- _Try it_
Up to and including the line with "DeepKind P (match_node", please reproduce the lines below exactly, beginning with the first.

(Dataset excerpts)

--- --- ---

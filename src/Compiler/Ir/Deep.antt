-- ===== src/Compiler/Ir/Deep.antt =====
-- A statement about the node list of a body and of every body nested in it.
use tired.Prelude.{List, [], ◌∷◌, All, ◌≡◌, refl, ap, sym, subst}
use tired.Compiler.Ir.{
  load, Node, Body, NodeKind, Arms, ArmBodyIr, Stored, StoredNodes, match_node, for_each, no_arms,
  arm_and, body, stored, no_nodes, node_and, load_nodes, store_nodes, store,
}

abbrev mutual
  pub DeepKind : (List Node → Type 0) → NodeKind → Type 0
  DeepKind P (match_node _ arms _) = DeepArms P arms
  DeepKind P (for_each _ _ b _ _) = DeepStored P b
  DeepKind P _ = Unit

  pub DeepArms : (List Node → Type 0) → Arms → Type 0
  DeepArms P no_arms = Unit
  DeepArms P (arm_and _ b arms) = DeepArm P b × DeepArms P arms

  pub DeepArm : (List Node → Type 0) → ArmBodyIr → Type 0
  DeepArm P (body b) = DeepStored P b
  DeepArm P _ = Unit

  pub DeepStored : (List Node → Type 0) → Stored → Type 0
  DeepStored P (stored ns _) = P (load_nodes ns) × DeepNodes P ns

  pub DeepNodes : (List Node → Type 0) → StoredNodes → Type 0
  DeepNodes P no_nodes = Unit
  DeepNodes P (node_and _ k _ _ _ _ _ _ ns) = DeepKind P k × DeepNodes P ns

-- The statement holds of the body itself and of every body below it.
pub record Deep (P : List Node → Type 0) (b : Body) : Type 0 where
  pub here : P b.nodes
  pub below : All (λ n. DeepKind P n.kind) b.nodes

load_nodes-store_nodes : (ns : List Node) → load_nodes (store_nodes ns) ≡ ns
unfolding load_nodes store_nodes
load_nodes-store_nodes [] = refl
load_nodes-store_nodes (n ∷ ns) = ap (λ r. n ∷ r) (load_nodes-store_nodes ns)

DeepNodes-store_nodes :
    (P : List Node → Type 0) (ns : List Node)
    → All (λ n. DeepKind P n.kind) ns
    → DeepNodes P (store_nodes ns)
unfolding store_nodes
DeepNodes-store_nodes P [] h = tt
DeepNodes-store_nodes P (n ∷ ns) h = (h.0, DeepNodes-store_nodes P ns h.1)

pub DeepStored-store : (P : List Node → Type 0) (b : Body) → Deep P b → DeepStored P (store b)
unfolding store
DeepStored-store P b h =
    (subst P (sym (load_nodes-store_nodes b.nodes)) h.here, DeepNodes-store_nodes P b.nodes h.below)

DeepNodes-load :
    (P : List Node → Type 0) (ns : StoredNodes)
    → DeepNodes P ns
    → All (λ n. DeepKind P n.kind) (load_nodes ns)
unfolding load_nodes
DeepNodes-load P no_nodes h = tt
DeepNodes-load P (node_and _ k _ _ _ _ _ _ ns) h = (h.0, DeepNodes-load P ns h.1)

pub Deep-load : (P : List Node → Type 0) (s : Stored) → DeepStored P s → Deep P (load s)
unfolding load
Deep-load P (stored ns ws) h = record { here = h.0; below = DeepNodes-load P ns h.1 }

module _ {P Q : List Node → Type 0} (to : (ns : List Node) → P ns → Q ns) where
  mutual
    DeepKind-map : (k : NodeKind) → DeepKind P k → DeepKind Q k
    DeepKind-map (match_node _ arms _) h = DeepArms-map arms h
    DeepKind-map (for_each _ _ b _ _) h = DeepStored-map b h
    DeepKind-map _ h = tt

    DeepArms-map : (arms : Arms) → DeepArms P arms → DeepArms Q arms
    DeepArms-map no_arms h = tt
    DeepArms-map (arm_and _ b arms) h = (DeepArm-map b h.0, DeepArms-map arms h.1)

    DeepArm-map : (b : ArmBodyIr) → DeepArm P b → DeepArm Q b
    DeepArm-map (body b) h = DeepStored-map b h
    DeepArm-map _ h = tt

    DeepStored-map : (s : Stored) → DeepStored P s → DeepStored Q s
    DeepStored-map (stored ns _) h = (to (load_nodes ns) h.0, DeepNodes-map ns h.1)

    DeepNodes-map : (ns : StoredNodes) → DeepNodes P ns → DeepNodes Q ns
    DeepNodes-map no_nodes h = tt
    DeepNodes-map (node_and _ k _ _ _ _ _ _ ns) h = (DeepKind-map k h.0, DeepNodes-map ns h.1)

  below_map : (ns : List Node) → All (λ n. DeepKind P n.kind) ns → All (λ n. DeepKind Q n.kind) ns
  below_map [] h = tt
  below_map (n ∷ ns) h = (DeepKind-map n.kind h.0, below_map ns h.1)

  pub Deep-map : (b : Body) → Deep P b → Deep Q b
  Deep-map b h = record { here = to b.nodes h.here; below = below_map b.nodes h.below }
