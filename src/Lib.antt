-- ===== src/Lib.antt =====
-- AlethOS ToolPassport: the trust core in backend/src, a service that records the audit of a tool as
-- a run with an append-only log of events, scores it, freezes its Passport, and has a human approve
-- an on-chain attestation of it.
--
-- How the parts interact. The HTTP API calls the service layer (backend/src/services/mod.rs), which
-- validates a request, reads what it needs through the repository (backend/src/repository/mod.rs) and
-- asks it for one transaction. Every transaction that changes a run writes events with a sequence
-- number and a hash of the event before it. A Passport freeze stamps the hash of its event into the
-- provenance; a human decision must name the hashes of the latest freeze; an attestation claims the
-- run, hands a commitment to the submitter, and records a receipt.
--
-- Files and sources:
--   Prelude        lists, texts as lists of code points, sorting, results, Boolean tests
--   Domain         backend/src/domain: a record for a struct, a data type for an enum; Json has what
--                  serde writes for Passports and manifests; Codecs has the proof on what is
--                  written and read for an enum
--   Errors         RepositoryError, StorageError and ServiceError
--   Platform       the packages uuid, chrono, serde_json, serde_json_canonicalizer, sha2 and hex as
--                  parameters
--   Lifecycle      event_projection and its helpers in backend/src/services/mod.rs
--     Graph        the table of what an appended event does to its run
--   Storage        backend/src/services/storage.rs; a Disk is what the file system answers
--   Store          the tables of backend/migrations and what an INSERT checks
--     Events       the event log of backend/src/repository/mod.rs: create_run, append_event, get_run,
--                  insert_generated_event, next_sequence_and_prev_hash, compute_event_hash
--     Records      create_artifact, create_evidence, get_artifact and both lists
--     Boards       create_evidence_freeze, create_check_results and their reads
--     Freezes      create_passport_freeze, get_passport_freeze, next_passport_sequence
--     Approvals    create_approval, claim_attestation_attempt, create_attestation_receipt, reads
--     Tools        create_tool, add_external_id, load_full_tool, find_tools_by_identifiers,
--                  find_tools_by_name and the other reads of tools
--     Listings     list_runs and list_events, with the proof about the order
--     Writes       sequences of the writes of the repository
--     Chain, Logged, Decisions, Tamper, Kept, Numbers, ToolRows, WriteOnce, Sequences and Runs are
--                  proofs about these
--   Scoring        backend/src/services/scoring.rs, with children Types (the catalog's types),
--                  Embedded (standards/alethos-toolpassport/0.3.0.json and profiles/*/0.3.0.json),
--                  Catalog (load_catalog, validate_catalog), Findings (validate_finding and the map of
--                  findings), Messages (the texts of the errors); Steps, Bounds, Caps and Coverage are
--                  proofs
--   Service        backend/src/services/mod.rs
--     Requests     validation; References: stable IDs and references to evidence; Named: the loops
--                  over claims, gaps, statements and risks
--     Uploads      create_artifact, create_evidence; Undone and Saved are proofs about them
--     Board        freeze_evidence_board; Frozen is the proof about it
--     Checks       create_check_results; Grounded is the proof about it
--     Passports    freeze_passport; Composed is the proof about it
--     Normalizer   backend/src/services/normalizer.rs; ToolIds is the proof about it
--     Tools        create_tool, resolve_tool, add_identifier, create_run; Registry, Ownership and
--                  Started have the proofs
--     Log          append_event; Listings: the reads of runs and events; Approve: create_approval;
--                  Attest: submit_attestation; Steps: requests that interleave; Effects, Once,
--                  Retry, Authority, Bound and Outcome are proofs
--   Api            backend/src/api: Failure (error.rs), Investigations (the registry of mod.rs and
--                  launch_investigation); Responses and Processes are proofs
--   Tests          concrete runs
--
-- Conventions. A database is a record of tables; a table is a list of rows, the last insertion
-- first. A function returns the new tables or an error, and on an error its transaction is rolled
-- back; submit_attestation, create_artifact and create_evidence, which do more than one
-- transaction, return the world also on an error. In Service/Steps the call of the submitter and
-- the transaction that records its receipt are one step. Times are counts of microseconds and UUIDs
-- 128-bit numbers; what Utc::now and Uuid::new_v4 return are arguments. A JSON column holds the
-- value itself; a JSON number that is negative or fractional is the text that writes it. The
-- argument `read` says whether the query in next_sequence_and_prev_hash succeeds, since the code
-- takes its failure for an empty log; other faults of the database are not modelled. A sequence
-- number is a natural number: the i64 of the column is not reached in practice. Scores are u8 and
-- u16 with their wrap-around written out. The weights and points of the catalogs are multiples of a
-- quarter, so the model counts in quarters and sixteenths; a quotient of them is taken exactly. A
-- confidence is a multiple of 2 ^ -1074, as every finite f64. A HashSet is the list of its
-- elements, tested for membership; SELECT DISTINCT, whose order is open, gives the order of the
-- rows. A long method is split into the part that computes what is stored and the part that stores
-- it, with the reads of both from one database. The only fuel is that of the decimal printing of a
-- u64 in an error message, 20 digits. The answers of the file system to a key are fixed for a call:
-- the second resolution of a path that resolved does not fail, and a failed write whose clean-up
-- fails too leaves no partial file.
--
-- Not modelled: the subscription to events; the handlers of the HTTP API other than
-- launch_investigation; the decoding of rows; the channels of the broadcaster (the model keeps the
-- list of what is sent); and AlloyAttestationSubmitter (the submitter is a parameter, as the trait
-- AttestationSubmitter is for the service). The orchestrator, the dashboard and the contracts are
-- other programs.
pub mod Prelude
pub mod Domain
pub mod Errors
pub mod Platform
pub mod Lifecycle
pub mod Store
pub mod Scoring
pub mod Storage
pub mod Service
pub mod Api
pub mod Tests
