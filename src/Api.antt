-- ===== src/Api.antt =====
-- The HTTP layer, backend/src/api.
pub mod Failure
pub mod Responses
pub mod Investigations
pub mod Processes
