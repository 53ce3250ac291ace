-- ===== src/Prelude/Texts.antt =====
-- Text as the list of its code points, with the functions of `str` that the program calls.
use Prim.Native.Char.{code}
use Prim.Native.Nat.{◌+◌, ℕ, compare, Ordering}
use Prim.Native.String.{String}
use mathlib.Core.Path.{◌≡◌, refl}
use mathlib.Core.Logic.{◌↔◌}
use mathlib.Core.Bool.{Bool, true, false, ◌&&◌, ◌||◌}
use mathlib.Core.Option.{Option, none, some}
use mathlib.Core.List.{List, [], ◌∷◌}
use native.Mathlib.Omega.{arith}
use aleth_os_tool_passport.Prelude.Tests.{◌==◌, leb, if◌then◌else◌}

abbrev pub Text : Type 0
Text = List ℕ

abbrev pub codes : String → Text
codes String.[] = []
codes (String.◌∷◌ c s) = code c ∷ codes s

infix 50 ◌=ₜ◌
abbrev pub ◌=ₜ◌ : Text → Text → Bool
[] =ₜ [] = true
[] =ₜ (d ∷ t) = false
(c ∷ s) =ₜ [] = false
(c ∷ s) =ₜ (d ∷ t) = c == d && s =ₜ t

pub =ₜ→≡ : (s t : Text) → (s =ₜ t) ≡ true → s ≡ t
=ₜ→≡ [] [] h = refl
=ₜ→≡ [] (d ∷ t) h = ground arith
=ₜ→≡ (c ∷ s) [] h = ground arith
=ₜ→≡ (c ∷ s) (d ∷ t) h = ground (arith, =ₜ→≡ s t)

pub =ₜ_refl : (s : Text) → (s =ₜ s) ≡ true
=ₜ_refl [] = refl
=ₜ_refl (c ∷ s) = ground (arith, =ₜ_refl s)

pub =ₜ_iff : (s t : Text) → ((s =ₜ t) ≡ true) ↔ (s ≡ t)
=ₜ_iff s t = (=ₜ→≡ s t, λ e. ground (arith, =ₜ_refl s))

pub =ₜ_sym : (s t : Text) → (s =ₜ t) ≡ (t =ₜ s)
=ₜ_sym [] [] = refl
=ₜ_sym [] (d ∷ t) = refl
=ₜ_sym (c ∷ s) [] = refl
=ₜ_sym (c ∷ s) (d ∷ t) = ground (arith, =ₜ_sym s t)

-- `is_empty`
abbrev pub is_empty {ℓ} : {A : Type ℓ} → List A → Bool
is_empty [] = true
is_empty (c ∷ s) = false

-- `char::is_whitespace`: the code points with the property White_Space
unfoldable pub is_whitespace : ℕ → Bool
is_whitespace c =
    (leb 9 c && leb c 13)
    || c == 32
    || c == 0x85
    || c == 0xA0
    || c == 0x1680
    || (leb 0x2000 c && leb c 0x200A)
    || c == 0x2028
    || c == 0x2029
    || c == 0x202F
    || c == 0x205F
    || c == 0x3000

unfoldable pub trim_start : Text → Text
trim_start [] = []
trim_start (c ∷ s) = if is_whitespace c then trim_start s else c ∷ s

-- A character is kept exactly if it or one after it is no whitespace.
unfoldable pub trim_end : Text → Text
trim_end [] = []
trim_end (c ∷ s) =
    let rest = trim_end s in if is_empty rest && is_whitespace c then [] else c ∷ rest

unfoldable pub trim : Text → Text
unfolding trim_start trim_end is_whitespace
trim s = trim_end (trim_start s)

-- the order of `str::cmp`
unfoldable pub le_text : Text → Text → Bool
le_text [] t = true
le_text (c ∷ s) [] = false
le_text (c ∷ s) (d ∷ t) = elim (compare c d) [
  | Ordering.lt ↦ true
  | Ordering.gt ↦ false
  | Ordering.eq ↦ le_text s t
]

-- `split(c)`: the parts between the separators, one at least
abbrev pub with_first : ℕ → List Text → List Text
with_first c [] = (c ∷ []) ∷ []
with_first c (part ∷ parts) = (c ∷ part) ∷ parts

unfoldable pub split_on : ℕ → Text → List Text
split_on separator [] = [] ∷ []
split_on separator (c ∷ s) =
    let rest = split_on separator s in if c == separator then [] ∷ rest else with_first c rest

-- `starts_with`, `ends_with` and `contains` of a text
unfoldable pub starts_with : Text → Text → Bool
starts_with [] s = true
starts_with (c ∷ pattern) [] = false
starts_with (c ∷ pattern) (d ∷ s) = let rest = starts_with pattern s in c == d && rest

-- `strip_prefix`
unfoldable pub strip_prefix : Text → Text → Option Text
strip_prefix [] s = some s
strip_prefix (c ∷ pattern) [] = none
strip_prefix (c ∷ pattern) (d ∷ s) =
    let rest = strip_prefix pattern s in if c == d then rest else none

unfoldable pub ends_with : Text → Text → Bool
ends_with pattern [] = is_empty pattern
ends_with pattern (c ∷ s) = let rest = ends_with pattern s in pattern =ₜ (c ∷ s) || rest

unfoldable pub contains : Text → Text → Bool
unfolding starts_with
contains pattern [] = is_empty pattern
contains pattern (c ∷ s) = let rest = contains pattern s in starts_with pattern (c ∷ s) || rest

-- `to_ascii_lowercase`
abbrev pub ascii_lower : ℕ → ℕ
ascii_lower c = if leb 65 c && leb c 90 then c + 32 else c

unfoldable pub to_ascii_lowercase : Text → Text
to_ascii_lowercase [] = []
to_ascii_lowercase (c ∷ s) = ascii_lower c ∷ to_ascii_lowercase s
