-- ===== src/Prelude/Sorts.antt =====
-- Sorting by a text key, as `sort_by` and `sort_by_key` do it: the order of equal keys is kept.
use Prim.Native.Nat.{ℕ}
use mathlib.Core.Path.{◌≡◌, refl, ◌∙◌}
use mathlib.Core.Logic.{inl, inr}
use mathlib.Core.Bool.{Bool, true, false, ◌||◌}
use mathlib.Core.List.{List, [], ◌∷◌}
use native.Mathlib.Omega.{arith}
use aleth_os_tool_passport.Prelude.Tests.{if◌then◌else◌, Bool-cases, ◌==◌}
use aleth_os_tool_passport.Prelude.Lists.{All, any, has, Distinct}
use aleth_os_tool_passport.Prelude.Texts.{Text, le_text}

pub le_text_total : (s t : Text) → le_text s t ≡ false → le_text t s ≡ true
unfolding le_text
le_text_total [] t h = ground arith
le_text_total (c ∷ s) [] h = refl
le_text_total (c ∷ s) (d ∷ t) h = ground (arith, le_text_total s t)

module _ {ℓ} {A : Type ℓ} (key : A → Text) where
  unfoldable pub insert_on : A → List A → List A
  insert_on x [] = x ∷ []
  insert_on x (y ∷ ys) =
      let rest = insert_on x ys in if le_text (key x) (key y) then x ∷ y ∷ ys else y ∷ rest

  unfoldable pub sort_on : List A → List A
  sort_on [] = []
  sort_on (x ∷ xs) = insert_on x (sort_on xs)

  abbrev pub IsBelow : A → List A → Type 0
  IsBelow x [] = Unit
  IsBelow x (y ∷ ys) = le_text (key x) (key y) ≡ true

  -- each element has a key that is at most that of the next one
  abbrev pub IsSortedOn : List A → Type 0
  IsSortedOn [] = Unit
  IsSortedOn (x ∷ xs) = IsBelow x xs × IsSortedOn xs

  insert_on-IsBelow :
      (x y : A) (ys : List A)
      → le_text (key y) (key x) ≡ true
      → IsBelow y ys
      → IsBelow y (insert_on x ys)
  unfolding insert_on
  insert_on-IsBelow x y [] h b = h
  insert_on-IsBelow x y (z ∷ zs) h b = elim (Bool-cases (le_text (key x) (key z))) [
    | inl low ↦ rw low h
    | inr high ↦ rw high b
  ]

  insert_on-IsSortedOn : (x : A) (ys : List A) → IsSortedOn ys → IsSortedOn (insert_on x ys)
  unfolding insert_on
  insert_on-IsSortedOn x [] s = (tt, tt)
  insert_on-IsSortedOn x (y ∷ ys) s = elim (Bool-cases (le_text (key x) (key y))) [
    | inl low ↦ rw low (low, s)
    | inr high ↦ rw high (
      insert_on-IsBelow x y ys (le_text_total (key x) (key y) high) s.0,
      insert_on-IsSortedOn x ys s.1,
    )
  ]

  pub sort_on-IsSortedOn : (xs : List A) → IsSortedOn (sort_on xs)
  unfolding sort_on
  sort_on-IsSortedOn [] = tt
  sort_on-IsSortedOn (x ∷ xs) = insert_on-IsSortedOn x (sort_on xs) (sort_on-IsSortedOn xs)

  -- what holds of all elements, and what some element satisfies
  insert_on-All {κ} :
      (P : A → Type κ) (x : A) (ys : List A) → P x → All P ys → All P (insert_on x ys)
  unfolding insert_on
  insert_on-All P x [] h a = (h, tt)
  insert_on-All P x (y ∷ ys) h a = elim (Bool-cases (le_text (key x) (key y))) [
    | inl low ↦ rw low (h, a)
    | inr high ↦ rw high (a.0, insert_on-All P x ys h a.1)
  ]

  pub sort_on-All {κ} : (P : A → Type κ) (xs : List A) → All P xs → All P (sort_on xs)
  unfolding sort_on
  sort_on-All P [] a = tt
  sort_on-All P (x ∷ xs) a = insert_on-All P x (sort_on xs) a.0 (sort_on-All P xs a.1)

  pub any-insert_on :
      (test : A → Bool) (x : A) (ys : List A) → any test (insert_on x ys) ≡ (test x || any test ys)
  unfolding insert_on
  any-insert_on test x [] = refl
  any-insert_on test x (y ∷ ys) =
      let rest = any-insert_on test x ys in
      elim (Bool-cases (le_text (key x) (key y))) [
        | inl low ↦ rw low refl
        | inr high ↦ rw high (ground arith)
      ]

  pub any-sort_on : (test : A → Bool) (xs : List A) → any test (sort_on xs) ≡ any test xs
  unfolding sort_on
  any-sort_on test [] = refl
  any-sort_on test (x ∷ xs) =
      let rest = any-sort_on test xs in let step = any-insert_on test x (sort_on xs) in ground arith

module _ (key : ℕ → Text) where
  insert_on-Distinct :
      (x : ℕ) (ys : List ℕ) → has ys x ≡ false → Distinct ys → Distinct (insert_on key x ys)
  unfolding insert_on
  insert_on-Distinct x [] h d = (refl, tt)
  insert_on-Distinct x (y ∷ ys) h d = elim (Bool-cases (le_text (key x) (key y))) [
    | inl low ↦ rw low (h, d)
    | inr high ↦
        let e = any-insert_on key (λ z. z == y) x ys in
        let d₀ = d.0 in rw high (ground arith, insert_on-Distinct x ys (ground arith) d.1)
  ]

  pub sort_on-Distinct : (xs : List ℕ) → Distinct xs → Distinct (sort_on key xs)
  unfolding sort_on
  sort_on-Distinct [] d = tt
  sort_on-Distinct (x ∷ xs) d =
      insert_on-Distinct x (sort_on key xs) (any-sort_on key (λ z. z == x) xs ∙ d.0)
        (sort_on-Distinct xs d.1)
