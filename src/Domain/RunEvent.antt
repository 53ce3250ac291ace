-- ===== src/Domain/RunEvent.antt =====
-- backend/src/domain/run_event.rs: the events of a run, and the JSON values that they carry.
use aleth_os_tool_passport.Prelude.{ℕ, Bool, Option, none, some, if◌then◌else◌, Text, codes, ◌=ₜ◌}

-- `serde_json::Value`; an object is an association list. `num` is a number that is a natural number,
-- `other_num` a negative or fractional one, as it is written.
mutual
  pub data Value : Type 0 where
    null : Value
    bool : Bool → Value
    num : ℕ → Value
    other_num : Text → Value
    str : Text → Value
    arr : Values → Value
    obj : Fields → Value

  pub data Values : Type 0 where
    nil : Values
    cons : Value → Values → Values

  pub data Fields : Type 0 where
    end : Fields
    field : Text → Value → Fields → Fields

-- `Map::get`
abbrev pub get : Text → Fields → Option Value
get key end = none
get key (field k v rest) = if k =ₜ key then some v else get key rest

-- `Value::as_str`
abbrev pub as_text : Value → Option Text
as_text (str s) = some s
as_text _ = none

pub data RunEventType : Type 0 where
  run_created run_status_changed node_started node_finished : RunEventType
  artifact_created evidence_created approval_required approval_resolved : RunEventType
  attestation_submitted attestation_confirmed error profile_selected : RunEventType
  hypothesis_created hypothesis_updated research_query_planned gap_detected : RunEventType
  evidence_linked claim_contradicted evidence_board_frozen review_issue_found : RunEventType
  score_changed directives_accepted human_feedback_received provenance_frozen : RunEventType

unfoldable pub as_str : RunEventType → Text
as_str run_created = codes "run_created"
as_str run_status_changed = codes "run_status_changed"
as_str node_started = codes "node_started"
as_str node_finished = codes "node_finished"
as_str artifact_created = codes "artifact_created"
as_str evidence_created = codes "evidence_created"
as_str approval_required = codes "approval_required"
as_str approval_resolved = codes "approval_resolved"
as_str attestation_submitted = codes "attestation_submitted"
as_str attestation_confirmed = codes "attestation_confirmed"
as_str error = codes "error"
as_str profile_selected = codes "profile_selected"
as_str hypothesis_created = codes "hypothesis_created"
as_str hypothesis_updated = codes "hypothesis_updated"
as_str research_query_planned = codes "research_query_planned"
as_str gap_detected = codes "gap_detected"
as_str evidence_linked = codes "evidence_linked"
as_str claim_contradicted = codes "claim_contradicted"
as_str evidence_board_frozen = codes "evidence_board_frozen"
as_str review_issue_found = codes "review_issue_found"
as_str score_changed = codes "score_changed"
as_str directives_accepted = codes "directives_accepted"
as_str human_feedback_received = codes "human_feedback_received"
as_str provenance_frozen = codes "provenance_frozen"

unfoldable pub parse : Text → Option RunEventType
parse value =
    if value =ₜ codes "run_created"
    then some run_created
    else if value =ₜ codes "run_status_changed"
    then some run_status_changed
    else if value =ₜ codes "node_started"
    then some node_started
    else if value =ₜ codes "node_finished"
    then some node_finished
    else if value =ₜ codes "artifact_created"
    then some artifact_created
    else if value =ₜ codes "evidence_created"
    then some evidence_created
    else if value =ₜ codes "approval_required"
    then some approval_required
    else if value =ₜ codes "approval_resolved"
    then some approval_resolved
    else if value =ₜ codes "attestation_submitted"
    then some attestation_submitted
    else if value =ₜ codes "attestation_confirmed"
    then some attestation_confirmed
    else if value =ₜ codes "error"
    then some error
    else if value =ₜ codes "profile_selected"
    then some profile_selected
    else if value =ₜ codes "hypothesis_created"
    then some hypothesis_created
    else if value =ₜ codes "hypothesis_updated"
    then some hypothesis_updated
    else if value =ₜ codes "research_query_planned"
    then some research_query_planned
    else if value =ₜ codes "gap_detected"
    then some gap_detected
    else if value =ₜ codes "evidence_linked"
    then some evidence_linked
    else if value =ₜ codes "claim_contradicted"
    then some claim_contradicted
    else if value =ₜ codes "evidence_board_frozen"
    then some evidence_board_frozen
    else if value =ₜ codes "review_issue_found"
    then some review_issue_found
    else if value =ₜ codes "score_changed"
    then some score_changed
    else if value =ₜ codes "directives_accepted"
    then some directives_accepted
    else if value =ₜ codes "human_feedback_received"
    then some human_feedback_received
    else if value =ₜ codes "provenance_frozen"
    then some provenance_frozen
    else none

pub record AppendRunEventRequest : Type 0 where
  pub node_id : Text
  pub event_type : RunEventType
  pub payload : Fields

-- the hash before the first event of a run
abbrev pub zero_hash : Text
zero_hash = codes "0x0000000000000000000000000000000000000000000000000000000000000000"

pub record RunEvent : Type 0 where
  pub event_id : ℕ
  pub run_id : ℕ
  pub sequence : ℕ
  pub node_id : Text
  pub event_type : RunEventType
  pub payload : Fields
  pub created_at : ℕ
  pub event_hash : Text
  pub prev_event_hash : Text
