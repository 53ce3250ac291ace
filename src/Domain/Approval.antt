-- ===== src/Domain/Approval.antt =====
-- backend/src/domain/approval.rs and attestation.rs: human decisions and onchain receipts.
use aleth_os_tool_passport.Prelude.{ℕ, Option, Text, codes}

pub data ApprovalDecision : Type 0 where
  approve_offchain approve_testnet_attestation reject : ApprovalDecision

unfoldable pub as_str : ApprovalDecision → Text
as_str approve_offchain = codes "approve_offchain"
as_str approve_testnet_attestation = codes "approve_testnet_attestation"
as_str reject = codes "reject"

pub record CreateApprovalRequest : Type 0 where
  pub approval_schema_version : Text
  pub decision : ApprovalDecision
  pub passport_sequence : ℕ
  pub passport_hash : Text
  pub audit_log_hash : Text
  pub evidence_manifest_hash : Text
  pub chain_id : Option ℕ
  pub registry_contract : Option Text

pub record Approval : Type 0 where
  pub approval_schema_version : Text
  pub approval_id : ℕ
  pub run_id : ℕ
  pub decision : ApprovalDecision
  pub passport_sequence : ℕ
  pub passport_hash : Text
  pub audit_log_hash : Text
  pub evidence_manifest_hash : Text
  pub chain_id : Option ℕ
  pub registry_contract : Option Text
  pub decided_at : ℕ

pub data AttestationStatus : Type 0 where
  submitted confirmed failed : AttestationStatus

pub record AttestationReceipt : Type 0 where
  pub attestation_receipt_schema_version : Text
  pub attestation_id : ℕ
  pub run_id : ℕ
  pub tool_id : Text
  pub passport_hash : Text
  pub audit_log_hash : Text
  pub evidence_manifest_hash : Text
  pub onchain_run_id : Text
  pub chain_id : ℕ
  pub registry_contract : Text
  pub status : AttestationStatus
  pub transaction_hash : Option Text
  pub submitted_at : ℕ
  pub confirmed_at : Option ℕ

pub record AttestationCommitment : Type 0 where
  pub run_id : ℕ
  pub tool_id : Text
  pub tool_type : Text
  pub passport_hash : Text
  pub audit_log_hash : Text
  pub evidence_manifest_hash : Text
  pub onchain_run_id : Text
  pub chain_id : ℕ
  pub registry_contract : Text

--- --- ---

- _Answer box_
filename src/Compiler/Ir/Deep.antt
-- ===== src/Compiler/Ir/Deep.antt =====
-- A statement about the node list of a body and of every body nested in it.
use tired.Prelude.{List, [], ◌∷◌, All, ◌≡◌, refl, ap, sym, subst}
use tired.Compiler.Ir.{
  load, Node, Body, NodeKind, Arms, ArmBodyIr, Stored, StoredNodes, match_node, for_each, no_arms,
  arm_and, body, stored, no_nodes, node_and, load_nodes, store_nodes, store,
}

abbrev mutual
  pub DeepKind : (List Node → Type 0) → NodeKind → Type 0
  DeepKind P (match_node _ arms _) = DeepArms P arms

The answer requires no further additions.